Kerry, clad in jeans and seated in front of a small field of corn at the Nelson family farm, promoted ethanol and other grain-based fuels as a way to lessen dependence on foreign oil. He said energy independence becomes more important when the United States is at war, “the war on terror, where much of the focus of that war is in the Middle East.”

“Guess what else is in the Middle East?” Kerry asked. “Oil.”

To increase American energy production and reduce reliance on foreign oil, Kerry and running mate John Edwards want to create a $20 billion fund to finance research and development of alternative and renewable fuels. The fund would promote energy sources like natural gas, coal, and nuclear and renewable energy.

Kerry says one-fifth of the fuels powering U.S. cars and trucks should come from energy sources such as corn and soybeans by 2020.

Answering the farmers
Fielding questions from farmers, Kerry steered a centrist course by vowing to take on massive corporate agriculture producers but restrain government bureaucracy.

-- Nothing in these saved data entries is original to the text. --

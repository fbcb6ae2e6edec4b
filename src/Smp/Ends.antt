-- ===== src/Smp/Ends.antt =====
-- Every run of the start ends: in the return of `start_cpus`, or in a panic.
use silicium_rs.Base.{
  ℕ, zero, suc, ◌+◌, ◌*◌, ◌≤◌, ◌≡◌, sym, subst, ◌⊎◌, inl, inr, refl, arith, List, done, length,
}
use silicium_rs.Crates.Addresses.{Addresses}
use silicium_rs.Crates.BitFlags.{BitFlags}
use silicium_rs.Crates.PageTables.{PageTables}
use silicium_rs.Crates.VirtualRanges.{VirtualRanges}
use silicium_rs.Crates.SegmentTables.{SegmentTables}
use silicium_rs.Smp.Local.{gdt_entries}
use silicium_rs.Smp.Totals.{total-le_nine}
use silicium_rs.Smp.System.{Core, finished, Shared, System, begin, Steps, stop, later}
use silicium_rs.Smp.Progress.{all_left, Step-less, Panics, progress_of}
use silicium_rs.Smp.Progress.{core_left}
use silicium_rs.Smp.Start.{
  IsParked, OthersNumbered, Step-OthersNumbered, before, count_steps, Going, Step-Going,
  Steps-Going, Steps-OthersNumbered, begin-Going, begin_eq,
}

module _ ⦃x : Addresses⦄ ⦃bits : BitFlags⦄ ⦃pt : PageTables⦄ ⦃ranges : VirtualRanges⦄
    ⦃gdt : SegmentTables gdt_entries⦄ where
  Steps_bounded :
      {n first : ℕ} {s t : System}
      → Going first s
      → (r : Steps n first s t) → count_steps r + all_left t ≤ all_left s
  unfolding count_steps
  Steps_bounded v stop = omega arith
  Steps_bounded v (later r st) =
      omega (arith, Steps_bounded v r, Step-less (Steps-Going v r).counted st)

  ends_within :
      (fuel n first : ℕ) (s : System)
      → all_left s ≤ fuel
      → Going first s
      → OthersNumbered first s.cores
      → (t : System) × Steps n first s t × ((t.boot ≡ finished) ⊎ Panics n first t)
  ends_within zero n first s le v o =
      elim (progress_of n first s s.boot v.counted refl v.inside o) [
        | inl e ↦ (s, stop, inl e)
        | inr (inr p) ↦ (s, stop, inr p)
        | inr (inl (t, st)) ↦ absurd (omega (arith, Step-less v.counted st))
      ]
  ends_within (suc fuel) n first s le v o =
      elim (progress_of n first s s.boot v.counted refl v.inside o) [
        | inl e ↦ (s, stop, inl e)
        | inr (inr p) ↦ (s, stop, inr p)
        | inr (inl (t, st)) ↦
            let (u, r, e) =
              ends_within fuel n first t (omega (arith, Step-less v.counted st)) (Step-Going v st)
                (Step-OthersNumbered o st) in
            (u, before st r, e)
      ]

  core_left-le : (c : Core) → core_left c ≤ 9
  core_left-le c = ground arith

  -- From cores that are parked, with only the first one counted, and where every other core's local
  -- APIC has another number than 0: no run takes more than 10 steps for each core and 2 more,
  -- whatever the order, and every run that has not ended goes on to its end, at which `start_cpus`
  -- returns, or to a core whose next step is a panic.
  pub start_cpus_ends :
      {n first : ℕ} {cores : List Core} {s : Shared} {t u : System}
      → IsParked first cores s
      → begin cores s ≡ done t
      → OthersNumbered first cores
      → (r : Steps n first t u)
      → (count_steps r ≤ 10 * length cores + 2)
        × ((w : System) × Steps n first u w × ((w.boot ≡ finished) ⊎ Panics n first w))
  start_cpus_ends {n} {first} {cores} {s} {t} {u} p e o r =
      let g = begin-Going p e in
      let q = (begin_eq cores s t e).1 in
      let o' = subst (λ (k : System). OthersNumbered first k.cores) (sym q) o in
      let left : all_left t ≤ 10 * length cores + 2 =
        subst (λ k. all_left k ≤ 10 * length cores + 2) (sym q)
          (omega (arith, total-le_nine core_left core_left-le cores)) in
      (
        omega (arith, Steps_bounded g r, left),
        ends_within (all_left u) n first u (omega arith) (Steps-Going g r)
            (Steps-OthersNumbered o' r),
      )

“John and I have what we think is a real commonsense approach,” Kerry said. “We’re not going to come in with some overbearing regulation.”

For consumers, Kerry’s plan to spend $20 billion over a decade to develop more clean-burning fuels and environmental technology would mean incentives, like tax breaks, worth up to $5,000 for the purchase of clean and efficient vehicles. Kerry wants those vehicles to be made in the United States, and he would put half of the $20 billion toward helping American manufacturers rebuild their plants to make more efficient vehicles.

Kerry’s rolling campaign charged through this bellwether state, which has voted for the eventual winner in every presidential race but one during the last 100 years, on the first day of its journey by train.